_SUPPLIED DATA_
-- ===== src/Service/Placement/Budget.antt =====
-- The limit on reserved dollars, across a whole placement.
pub mod Placed
pub mod Rules
pub mod Steps
use polymarket_event_quant.Base.{
  ℕ, suc, ◌+◌, ◌≤◌, String, ◌≡◌, refl, Bool, true, false, not, Option, none, some, List, [], ◌∷◌,
  arith, sum_by, sum_by-append, sum_by-filter, filter, str_eq, Result, ok, err, if◌then◌else◌,
  Bool-cases, inl, inr, leb, ltb, ◌&&◌, any, ◌++◌,
}
use mathlib.Core.Path.{subst}
use polymarket_event_quant.Base.Decimal.{Decimal, mul, div, mul_mono_right}
use polymarket_event_quant.Models.{
  Market, TradePlan, PlacedOrder, PlacementResult, market_reserve, order_size, complete,
}
use polymarket_event_quant.Database.{
  Db, add_order, prepare_market, new_order_row, IntegrityError, add_market, event, set_market_state,
  MarketState, can_start_entry_plan,
}
use polymarket_event_quant.Database.Queries.{active_reserved_usd, reserved_of}
use polymarket_event_quant.Exchange.Session.{Submission}
use polymarket_event_quant.Exchange.{Exc}
use polymarket_event_quant.Service.{Bot, Settings, ActivationUpdate, RetryState}
use polymarket_event_quant.Service.Monad.{Action, ◌>>=◌, ◌>>◌, pure, write, write_result}
use polymarket_event_quant.Service.Placement.{
  consider_market, place_dry, after_incomplete, after_placement, place_live, place_now, place,
  finish, prepare_first, place_if_shut, place_gated, place_if_ready, consider_within,
  consider_startable, first_started, over_daily, over_reserved, expire_retry, consider_all, go_on,
  place_activated_markets,
}
use polymarket_event_quant.Service.Placement.Steps.{
  Desk, DualEnd, add_orders, pop_retry, skip_market, note, mark, Trigger, requeue, keep_trying,
  resolve_dual, no_orders, failed_result, knock_ms, after_ambiguous, legs, door_answer,
  door_already_open, retry_of, is_activation, off_tick, is_eligible,
}
use polymarket_event_quant.Models.Statuses.{is_buy, is_tracked}
use polymarket_event_quant.Service.Placement.Budget.Rules.{
  Holds, Keeps, Spends, Kept, ◌⨟◌, order_reserve, Spends-then, Spends-after, Spends-kept, Spends-if,
  if-Holds, Keeps-bind, Keeps-pure, IsExact,
}
use polymarket_event_quant.Service.Placement.Budget.Steps.{
  skipped, Spends-placement, Keeps-prepare, noted, popped, Spends-add_orders, returned, marked,
  Keeps-mark,
}
use polymarket_event_quant.Service.Placement.Budget.Placed.{FitsDesk, Spends-place}

module _ (limit : Decimal) (desk : Desk) (settings : Settings) (now : ℕ) where
  module _ (fits : FitsDesk settings.plan desk) (exact : IsExact settings.plan) where
    Spends-ready :
        (m : Market) (trigger : Trigger) (source : Option ActivationUpdate) (r : Result Exc Bool)
        → Spends limit
            (market_reserve settings.plan)
            (place_if_ready desk settings now m trigger source r)
    Spends-ready m trigger source (err e) b h =
        Spends-kept
          (noted limit desk settings now (market_reserve settings.plan) "ERROR"
              "orderbook_check_failed" m
            ⨟ returned limit desk settings now (market_reserve settings.plan) true)
          b h
    Spends-ready m trigger source (ok false) b h = omega (arith, h)
    Spends-ready m trigger source (ok true) b h =
        Spends-then limit (market_reserve settings.plan) (place desk settings now m trigger source)
          (λ _. pure true) (Spends-place limit desk settings now fits exact m trigger source)
          (λ _. Keeps-pure limit 0 true) b h

    Spends-considered :
        (m : Market) (trigger : Trigger) (ready : Bool) (source : Option ActivationUpdate)
        → Spends limit
            (market_reserve settings.plan)
            (consider_within desk settings now m trigger ready source)
    Spends-considered m trigger ready source =
        Spends-if limit (market_reserve settings.plan) (settings.live && not ready) _
          (place desk settings now m trigger source >> pure true)
          (λ b h.
            Spends-ready m trigger source (desk.order_books_ready b.calls m)
              (record b { calls = suc b.calls }) h)
          (Spends-then limit (market_reserve settings.plan)
            (place desk settings now m trigger source) (λ _. pure true)
            (Spends-place limit desk settings now fits exact m trigger source)
            (λ _. Keeps-pure limit 0 true))

    skip_then :
        (m : Market) (reason : String)
        → Keeps limit 0 (skip_market desk settings now m reason >> pure true)
    skip_then m reason =
        (skipped limit desk settings now 0 m reason ⨟ returned limit desk settings now 0 true).keeps

    room :
        settings.max_reserved_usd ≡ some limit
        → (b : Bot) → over_reserved desk settings now b.db ≡ false
        → Holds limit (market_reserve settings.plan) b
    room e b over = ground arith

    Keeps-expired :
        (m : Market) (retry : Option RetryState) (b : Bot)
        → Holds limit 0 b
        → Holds limit 0 ((pop_retry m.slug >> expire_retry desk settings now m retry) b).1
    Keeps-expired m none b h = h
    Keeps-expired m (some r) b h =
        (popped limit desk settings now 0 m.slug
            ⨟ (marked limit desk settings now 0 m MarketState.expired
                  (some "market ended before a complete order pair was accepted")
                ⨟ noted limit desk settings now 0 "WARNING" "placement_retry_expired" m
                ⨟ returned limit desk settings now 0 true)).keeps
          b h

    Keeps-startable :
        (m : Market) (trigger : Trigger) (ready : Bool) (source : Option ActivationUpdate)
        → settings.max_reserved_usd ≡ some limit
        → Keeps limit 0 (consider_startable desk settings now m trigger ready source)
    Keeps-startable m trigger ready source e b h =
        if-Holds limit (off_tick m settings.plan.buy_price) _ _ b
          (skip_then m "buy price does not match market tick size" b h)
          λ _.
            if-Holds limit (any (λ t. off_tick m t.price) settings.plan.exit_targets) _ _ b
              (skip_then m "take-profit price does not match market tick size" b h)
              λ _.
                if-Holds limit (ltb (order_size settings.plan) m.min_size) _ _ b
                  (skip_then m "configured order is below market minimum" b h)
                  λ _. if-Holds limit (over_daily desk settings now b.db) _ _ b h λ _.
                    if-Holds limit (over_reserved desk settings now b.db) _ _ b h
                      λ over. Spends-considered m trigger ready source b (room e b over)

    Keeps-considered :
        (m : Market) (trigger : Trigger) (ready : Bool) (source : Option ActivationUpdate)
        → settings.max_reserved_usd ≡ some limit
        → Keeps limit 0 (consider_market desk settings now m trigger ready source)
    unfolding consider_market
    Keeps-considered m trigger ready source e b h =
        if-Holds limit (not (is_eligible m settings.run_started_ts now)) _ _ b
          (Keeps-expired m (retry_of m.slug b.placement_retries) b h)
          λ _.
            if-Holds limit (not (can_start_entry_plan m.slug b.db)) _ _ b h
              λ _. Keeps-startable m trigger ready source e b h

    Keeps-go_on :
        (rest : Action (Unit {0}))
        → Keeps limit 0 rest
        → (more : Bool) → Keeps limit 0 (go_on desk settings now rest more)
    Keeps-go_on rest k true b h = k b h
    Keeps-go_on rest k false b h = h

    Keeps-all :
        (us : List ActivationUpdate)
        → settings.max_reserved_usd ≡ some limit
        → Keeps limit 0 (consider_all desk settings now us)
    unfolding consider_all
    Keeps-all [] e b h = h
    Keeps-all (u ∷ us) e b h =
        Keeps-bind limit 0
          (consider_market desk settings now u.market Trigger.market_parameters_activation true
            (some u))
          (go_on desk settings now (consider_all desk settings now us))
          (Keeps-considered u.market Trigger.market_parameters_activation true (some u) e)
          (Keeps-go_on (consider_all desk settings now us) (Keeps-all us e)) b h

-- Where a limit on reserved dollars is set and the open buys are within it, they are within it after
-- all the queued markets have been considered and placed, dry or live, whatever the exchange
-- replies: on the condition that the plan's dollars are an exact multiple of its price, to the
-- twelfth digit of the size, and that a placement returns orders that together cost at most what the
-- plan reserves for a market.
pub placement_within_limit :
    (limit : Decimal) (desk : Desk) (settings : Settings) (now : ℕ) (b : Bot)
    → FitsDesk settings.plan desk
    → IsExact settings.plan
    → settings.max_reserved_usd ≡ some limit
    → active_reserved_usd b.db ≤ limit
    → active_reserved_usd ((place_activated_markets desk settings now b).1).db ≤ limit
unfolding place_activated_markets
placement_within_limit limit desk settings now b fits exact e h = omega (
  arith,
  Keeps-all limit desk settings now fits exact b.activation_market_updates e
      (record b { activation_market_updates = [] }) (omega (arith, h)),
)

_AIM OF THE TASK_
No line before the one containing "placement_within_limit limit desk" should be copied; restate that line and all the rest through the end of the data above word for word.

_ANSWER SPACE_
placement_within_limit limit desk settings now b fits exact e h = omega (
  arith,
  Keeps-all limit desk settings now fits exact b.activation_market_updates e
      (record b { activation_market_updates = [] }) (omega (arith, h)),
)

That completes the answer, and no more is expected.